About this exercise | Search the listing for the string "ends" and copy every line that contains it.

─── Task input

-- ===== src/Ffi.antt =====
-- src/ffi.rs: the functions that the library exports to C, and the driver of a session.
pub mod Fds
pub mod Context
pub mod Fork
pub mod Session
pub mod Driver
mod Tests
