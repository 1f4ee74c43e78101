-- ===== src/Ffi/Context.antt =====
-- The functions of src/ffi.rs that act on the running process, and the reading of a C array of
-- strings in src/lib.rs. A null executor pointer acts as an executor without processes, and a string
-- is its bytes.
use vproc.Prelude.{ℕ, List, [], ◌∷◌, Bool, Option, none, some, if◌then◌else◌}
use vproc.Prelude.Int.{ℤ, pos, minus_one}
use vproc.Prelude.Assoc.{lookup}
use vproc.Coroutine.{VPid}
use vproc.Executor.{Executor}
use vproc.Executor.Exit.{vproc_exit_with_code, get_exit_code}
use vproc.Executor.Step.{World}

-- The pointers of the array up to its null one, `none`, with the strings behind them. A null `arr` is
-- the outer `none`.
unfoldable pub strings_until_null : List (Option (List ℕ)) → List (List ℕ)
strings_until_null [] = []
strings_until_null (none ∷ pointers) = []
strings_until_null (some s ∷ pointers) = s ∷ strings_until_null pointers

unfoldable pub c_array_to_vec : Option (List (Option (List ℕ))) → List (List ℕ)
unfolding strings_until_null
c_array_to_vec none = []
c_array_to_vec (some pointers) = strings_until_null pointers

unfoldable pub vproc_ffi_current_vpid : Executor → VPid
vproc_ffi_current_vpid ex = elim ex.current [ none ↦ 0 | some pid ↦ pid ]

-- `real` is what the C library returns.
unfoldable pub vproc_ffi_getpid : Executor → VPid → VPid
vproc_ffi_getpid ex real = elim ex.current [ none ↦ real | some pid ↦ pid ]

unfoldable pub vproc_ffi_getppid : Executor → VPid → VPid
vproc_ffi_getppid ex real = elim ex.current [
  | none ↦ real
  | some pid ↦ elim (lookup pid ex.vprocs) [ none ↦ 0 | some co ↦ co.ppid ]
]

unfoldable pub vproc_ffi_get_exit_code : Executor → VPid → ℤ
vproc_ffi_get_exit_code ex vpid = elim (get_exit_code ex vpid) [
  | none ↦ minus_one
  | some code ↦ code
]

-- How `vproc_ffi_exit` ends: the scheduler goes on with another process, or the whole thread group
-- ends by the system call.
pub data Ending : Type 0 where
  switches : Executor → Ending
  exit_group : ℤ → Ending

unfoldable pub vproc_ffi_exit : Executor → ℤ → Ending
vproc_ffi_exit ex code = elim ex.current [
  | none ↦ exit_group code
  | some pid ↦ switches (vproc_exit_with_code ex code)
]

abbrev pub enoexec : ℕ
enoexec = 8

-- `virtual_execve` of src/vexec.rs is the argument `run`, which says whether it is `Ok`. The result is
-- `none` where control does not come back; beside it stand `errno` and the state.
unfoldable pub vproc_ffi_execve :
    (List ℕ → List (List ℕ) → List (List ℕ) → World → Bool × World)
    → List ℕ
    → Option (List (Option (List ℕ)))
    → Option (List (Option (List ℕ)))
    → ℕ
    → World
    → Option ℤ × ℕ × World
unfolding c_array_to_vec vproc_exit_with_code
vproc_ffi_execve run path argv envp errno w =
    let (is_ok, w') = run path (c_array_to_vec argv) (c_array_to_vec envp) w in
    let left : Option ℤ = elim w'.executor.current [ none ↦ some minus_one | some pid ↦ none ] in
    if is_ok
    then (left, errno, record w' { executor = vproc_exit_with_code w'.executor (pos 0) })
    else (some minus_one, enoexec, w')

──────
─── Task input

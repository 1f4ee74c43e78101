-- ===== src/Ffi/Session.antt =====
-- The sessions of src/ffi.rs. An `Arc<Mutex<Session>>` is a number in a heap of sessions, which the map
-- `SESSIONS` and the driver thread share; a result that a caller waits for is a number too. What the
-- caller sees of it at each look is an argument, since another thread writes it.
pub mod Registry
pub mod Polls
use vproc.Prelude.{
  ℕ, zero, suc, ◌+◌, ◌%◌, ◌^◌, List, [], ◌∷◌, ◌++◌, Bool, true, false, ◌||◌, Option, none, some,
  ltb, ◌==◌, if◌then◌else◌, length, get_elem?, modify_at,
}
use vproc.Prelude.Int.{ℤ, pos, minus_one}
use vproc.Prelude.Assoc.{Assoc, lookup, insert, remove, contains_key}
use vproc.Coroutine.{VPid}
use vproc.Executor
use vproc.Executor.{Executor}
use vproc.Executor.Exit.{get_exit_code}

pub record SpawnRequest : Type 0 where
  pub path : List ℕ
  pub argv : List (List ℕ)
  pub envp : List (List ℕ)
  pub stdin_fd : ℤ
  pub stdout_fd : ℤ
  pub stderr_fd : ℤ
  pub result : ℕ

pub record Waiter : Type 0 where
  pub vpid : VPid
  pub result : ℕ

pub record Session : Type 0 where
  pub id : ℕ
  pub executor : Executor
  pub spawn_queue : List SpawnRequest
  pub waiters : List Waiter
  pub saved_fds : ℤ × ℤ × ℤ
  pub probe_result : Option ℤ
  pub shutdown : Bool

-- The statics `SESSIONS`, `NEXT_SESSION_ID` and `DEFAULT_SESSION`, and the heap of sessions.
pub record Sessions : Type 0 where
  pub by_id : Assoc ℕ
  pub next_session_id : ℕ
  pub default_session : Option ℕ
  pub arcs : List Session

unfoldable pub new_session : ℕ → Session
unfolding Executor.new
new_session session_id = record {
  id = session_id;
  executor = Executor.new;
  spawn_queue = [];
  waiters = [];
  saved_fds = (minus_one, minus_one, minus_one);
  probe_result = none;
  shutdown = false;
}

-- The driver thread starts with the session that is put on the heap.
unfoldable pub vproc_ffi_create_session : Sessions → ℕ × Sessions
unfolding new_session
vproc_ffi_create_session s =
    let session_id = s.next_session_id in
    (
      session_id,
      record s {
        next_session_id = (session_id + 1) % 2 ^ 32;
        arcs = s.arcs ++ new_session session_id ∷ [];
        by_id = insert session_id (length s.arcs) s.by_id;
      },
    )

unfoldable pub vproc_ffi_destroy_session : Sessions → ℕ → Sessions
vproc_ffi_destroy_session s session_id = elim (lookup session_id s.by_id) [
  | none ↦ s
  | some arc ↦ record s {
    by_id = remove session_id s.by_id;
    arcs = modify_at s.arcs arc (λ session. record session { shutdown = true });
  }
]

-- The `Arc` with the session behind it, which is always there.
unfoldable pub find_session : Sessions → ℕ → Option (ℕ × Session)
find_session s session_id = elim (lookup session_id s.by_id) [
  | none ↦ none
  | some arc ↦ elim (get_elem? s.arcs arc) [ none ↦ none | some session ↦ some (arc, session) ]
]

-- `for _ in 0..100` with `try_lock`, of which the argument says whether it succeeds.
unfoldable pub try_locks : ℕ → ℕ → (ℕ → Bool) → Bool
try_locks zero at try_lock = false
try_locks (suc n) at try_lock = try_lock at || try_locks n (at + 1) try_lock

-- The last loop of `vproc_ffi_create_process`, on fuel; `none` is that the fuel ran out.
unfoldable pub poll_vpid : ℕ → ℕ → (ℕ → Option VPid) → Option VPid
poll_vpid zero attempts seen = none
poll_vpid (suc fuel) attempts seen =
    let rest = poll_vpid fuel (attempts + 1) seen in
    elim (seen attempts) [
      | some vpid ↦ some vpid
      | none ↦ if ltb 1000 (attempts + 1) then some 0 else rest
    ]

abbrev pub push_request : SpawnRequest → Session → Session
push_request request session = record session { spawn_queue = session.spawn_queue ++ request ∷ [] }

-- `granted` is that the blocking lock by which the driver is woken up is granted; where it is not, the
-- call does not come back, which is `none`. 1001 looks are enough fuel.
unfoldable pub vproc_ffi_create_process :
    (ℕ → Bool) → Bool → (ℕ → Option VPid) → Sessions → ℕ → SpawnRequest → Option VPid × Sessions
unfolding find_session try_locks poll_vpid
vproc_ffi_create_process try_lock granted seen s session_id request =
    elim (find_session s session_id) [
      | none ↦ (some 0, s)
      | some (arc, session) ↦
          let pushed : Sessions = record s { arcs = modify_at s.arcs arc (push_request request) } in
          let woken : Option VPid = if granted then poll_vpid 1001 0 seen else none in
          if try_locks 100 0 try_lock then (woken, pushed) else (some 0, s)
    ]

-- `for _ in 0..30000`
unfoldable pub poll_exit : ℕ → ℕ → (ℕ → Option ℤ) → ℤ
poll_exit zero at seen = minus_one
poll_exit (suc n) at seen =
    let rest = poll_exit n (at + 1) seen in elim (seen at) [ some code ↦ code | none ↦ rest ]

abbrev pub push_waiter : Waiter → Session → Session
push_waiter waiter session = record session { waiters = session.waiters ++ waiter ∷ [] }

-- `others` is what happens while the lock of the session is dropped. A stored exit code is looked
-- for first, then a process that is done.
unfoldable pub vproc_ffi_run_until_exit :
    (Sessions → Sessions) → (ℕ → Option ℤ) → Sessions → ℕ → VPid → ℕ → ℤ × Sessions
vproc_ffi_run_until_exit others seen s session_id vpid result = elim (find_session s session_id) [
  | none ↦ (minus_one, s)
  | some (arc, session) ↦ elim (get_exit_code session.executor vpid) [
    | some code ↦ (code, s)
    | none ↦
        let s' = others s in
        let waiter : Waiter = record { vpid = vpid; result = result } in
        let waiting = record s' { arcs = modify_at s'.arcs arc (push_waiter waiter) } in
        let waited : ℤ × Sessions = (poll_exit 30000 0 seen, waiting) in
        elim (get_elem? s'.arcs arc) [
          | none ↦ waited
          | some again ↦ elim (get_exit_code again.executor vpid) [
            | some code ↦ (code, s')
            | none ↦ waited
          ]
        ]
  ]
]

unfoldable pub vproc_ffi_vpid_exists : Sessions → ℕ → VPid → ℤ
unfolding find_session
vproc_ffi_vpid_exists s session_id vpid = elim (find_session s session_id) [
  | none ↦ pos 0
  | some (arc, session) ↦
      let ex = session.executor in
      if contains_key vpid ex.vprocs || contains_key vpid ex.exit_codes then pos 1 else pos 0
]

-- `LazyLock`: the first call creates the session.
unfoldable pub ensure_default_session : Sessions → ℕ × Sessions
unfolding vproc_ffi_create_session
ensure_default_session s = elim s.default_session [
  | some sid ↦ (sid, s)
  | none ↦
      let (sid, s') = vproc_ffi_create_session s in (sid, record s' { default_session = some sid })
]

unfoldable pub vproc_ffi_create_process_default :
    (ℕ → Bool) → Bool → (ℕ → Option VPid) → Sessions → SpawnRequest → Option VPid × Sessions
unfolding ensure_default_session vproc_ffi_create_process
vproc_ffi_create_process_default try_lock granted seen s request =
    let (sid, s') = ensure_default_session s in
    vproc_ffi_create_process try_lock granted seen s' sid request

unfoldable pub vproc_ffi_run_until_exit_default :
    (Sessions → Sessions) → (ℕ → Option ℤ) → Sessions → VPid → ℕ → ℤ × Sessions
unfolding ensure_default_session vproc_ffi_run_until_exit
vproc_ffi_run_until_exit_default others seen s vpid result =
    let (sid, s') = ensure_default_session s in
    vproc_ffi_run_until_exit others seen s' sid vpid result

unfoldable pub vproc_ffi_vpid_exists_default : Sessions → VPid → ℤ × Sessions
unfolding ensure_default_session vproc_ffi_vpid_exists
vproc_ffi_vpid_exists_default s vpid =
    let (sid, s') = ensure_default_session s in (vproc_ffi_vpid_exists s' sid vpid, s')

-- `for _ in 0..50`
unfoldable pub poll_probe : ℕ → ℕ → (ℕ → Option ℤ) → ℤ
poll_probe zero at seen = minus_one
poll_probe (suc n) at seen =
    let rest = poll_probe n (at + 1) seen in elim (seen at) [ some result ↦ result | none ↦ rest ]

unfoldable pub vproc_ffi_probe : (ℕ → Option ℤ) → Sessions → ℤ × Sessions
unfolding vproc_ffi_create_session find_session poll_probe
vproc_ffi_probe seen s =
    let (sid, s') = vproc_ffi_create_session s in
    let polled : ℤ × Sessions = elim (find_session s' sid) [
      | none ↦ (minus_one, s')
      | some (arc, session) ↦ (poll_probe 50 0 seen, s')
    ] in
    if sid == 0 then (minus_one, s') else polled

──────
─── Task input

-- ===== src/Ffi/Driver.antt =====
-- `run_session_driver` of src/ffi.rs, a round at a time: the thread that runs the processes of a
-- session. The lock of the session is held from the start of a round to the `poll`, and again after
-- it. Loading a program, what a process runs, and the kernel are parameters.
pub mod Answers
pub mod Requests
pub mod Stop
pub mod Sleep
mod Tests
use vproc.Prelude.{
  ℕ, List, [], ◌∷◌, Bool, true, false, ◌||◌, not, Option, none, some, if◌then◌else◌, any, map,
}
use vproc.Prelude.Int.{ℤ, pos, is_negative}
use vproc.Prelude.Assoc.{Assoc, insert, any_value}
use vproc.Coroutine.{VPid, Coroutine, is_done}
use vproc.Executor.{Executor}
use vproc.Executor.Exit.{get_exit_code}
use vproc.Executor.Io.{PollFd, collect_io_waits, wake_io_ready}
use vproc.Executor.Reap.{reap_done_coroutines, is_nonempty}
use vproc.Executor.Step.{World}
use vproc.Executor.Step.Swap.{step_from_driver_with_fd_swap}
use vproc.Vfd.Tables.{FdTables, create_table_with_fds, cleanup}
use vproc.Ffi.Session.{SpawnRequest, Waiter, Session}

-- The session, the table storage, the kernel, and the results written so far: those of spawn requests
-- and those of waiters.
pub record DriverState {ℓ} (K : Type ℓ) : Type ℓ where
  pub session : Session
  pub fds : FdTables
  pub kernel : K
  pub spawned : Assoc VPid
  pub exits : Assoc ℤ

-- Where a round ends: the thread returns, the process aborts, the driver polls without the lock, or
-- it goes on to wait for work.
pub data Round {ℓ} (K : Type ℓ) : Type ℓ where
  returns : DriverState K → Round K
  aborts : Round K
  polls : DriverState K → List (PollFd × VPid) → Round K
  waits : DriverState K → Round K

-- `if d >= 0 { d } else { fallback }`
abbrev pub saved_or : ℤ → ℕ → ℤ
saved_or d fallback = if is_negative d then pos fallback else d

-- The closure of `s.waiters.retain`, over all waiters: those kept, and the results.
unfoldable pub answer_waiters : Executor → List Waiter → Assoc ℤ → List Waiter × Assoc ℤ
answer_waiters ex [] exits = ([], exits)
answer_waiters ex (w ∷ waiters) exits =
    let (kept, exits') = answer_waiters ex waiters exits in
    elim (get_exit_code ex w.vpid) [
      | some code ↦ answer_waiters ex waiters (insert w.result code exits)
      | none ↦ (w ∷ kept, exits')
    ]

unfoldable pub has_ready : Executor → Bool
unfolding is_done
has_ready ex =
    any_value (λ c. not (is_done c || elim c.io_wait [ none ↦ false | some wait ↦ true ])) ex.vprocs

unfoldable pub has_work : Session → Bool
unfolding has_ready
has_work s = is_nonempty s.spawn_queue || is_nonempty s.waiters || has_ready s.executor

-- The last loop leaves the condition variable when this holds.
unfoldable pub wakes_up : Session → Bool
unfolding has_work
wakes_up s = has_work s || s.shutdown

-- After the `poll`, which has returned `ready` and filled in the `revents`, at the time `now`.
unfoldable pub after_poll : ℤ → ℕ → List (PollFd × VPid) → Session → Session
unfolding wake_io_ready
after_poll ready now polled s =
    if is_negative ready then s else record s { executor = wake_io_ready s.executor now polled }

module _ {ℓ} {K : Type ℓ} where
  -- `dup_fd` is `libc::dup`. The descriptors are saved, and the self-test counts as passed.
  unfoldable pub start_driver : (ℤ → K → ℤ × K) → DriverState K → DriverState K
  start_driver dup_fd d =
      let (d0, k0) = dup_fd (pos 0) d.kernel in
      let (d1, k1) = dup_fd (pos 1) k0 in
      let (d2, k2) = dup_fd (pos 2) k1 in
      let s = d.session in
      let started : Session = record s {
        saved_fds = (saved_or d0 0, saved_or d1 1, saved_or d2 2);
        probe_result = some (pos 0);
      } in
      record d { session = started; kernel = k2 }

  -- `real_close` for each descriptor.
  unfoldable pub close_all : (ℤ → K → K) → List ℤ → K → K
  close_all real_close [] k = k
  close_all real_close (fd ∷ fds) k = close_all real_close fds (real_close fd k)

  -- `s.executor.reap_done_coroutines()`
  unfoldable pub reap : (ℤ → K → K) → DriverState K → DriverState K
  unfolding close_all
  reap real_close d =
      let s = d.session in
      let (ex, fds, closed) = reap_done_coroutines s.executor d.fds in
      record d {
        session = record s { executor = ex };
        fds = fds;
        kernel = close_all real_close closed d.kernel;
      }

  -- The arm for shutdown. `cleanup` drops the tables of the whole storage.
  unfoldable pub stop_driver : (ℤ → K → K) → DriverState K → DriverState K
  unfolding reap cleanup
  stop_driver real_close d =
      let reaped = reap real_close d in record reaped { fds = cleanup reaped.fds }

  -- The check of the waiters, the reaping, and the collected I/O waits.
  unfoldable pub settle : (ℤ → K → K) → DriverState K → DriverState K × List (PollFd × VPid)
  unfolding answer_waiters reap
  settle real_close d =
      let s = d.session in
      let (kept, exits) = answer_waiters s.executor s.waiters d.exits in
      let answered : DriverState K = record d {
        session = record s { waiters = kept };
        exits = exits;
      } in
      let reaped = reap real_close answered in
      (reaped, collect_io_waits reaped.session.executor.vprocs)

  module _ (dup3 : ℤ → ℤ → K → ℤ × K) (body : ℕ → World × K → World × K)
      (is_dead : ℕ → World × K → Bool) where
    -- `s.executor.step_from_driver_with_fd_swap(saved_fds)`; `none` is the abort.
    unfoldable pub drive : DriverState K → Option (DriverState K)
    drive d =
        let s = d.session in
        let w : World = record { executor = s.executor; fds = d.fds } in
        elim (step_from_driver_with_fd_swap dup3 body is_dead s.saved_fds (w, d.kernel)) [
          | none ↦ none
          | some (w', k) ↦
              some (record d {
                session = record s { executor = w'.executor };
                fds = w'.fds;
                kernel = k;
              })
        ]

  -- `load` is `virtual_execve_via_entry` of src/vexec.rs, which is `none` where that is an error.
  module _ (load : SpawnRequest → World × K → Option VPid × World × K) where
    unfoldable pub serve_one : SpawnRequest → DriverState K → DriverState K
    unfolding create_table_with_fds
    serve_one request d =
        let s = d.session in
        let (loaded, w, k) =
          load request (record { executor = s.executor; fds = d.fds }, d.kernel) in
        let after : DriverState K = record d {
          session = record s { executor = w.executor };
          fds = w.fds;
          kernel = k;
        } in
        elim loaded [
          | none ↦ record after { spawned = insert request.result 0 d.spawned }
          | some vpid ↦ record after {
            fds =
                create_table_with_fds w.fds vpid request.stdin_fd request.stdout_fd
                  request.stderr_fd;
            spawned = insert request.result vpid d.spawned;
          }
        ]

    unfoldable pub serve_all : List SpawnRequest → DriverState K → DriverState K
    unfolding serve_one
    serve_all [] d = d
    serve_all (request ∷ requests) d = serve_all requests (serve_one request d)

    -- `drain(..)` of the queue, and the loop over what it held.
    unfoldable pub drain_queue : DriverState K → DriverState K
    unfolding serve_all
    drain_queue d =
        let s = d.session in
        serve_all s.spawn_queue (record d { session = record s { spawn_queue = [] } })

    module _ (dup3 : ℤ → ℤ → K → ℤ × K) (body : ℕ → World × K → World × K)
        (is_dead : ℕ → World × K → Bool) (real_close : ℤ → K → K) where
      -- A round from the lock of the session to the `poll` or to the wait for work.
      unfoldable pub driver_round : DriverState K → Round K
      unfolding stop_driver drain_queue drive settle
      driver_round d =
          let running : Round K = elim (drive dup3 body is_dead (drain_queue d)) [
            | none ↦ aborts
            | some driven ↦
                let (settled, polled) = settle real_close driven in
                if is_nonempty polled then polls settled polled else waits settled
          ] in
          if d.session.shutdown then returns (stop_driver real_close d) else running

──────

Worked solution |
-- How `vproc_ffi_exit` ends: the scheduler goes on with another process, or the whole thread group
-- ends by the system call.
-- Where a round ends: the thread returns, the process aborts, the driver polls without the lock, or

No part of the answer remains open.